UTAH (ABC4) – The Great Salt Lake’s ecosystem supports 75 percent of all wetlands in Utah.  The Nature Conservancy is working on a project to create 40 acres of new wetlands just outside of Layton. The new wetlands will serve to create habitat for migratory birds, manage runoff rainwater, and improve the quality of the water that makes it to Great Salt Lake.  

The Great Salt Lake Shorelands Preserve sits along the east side of the Great Salt Lake. Just west of the shoreline is Antelope Island State Park. The preserve is managed by The Nature Conservancy and spans more than 4,400 acres.  

The preserve has been around for 15 years and is getting an upgrade.   

“Even though it might just be a cup of water to the big picture, at least we have that cup of water to add back to the system and let it go back to the Great Salt Lake and try to maintain a health system or add to it,” Chris Brown told ABC4. Brown is the director of stewardship for The Nature Conservancy.   

He explained that rainwater runoff from areas in Layton, like the Freeport Center, is directed to the preserve. All rain is welcome, especially during a drought. However, as the runoff races through ditches, canals, and streets, it picks up unwanted garbage.   

“There’s a lot of trash and debris and stuff,” Brown stated. “Well, all that stuff goes to the Great Salt Lake and gets deposited out there and will stay there for eons of time.” Along with trash, the water carries silt (which overwhelms the wetlands it drains into) and pollutants.  

The solution? There may not be just one, but the preserve will soon be home to 40 acres of man-made wetlands which will collect all that dirty water.   

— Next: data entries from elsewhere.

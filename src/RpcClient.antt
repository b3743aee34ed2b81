-- ===== src/RpcClient.antt =====
-- client/rpc/rpc_client.cpp: the calls of a client on the one that leads a directory. The three here
-- are those that the tables of directories make; the children have the operations of the file
-- system. An answer is `none` where the status of the call is not ok.
pub mod Attributes
pub mod Entries
pub mod Files
use nmfs.Prelude.{ℕ, Bytes, Bool, Option, none, some}
use nmfs.Exec.{Result, ok, err, runtime_error, permission_denied, Code}
use nmfs.RpcMessages.{DentryTableRespond, InodeRespond}
use nmfs.RpcMessages.Calls.{Stub}
use nmfs.Uuid.{Uuid, get_prefix_from_uuid, get_postfix_from_uuid, splice_prefix_and_postfix}

checked : Option DentryTableRespond → Result Uuid
checked none = err runtime_error
checked (some output) = elim output.ret [
  | Code.enotleader ↦ err runtime_error
  | _ ↦ ok (splice_prefix_and_postfix output.checked_ino_prefix output.checked_ino_postfix)
]

unfoldable pub check_child_inode : Stub → Bytes → Uuid → Bytes → Result Uuid
unfolding checked
check_child_inode stub address dentry_table_ino filename = checked (
    stub.rpc_check_child_inode address (record {
      dentry_table_ino_prefix = get_prefix_from_uuid dentry_table_ino;
      dentry_table_ino_postfix = get_postfix_from_uuid dentry_table_ino;
      filename = filename;
    }))

mode_of : Option InodeRespond → Result ℕ
mode_of none = err runtime_error
mode_of (some output) = elim output.ret [
  | Code.enotleader ↦ err runtime_error
  | _ ↦ ok output.i_mode
]

-- get_mode(dentry_table_ino, filename). The fields of the request that are not set are zero.
unfoldable pub get_mode : Stub → Bytes → Uuid → Bytes → Result ℕ
unfolding mode_of
get_mode stub address dentry_table_ino filename = mode_of (
    stub.rpc_get_mode address (record {
      dentry_table_ino_prefix = get_prefix_from_uuid dentry_table_ino;
      dentry_table_ino_postfix = get_postfix_from_uuid dentry_table_ino;
      filename = filename;
      mask = 0;
      target_is_parent = Bool.false;
    }))

permitted : Option InodeRespond → Result (Unit {0})
permitted none = err runtime_error
permitted (some output) = elim output.ret [
  | Code.enotleader ↦ err runtime_error
  | Code.eacces ↦ err permission_denied
  | _ ↦ ok tt
]

unfoldable pub permission_check : Stub → Bytes → Uuid → Bytes → ℕ → Bool → Result (Unit {0})
unfolding permitted
permission_check stub address dentry_table_ino filename mask target_is_parent = permitted (
    stub.rpc_permission_check address (record {
      dentry_table_ino_prefix = get_prefix_from_uuid dentry_table_ino;
      dentry_table_ino_postfix = get_postfix_from_uuid dentry_table_ino;
      filename = filename;
      mask = mask;
      target_is_parent = target_is_parent;
    }))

“The main levy that we’re standing on here is about 4,300 feet long and the other one is about 600 feet long,” W. Chris Christiansen said while standing on a large dirt levy at the project site. Christiansen is the project engineer (from Equinox Engineering). Before the water makes it to the levy he was standing on, it will have to go through a filtration system that will collect large debris and garbage.   

“I’ve seen it myself with birds that have plastic stuck around their heads or in their feet,” Brown added referring to the trash that often makes it to existing wetlands which provide crucial habitat for millions of migratory birds in the spring and fall. He continued, “And so, hopefully we can reduce some of that happening.”  

The area will serve as a habitat for hundreds of species of migratory birds. While the man-made wetlands will rely on rain, strategic water management will ensure that water is in the wetlands even if naturally occurring wetlands in the area have dried out.  

 The new wetlands will provide refuge for birds, but it will serve another purpose as well. They will clean the water a second time before any of the water is released into the lake.  

“The wetlands plants will naturally clean it up and remove some of the heavy metals and things like that,” Brown stated. Researchers from multiple Utah universities have found elevated levels of heavy metals and toxic substances in the exposed lakebed at GSL. Having this new system in place will help prevent some additional pollution from making its way to the lake, adding to the problem.  

“If it wasn’t for the nature conservancy and the things that they’re doing, a lot of these projects would not get done,” Christiansen stated.  

The 40 acres are part of the preserve and were set aside for this project years ago. Construction of the new wetlands is expected to be finished by November and will cost around $300,000. The Nature Conservancy fundraised to cover the cost. The preserve is open to the public. However, the new wetlands are not located in the public area of the preserve.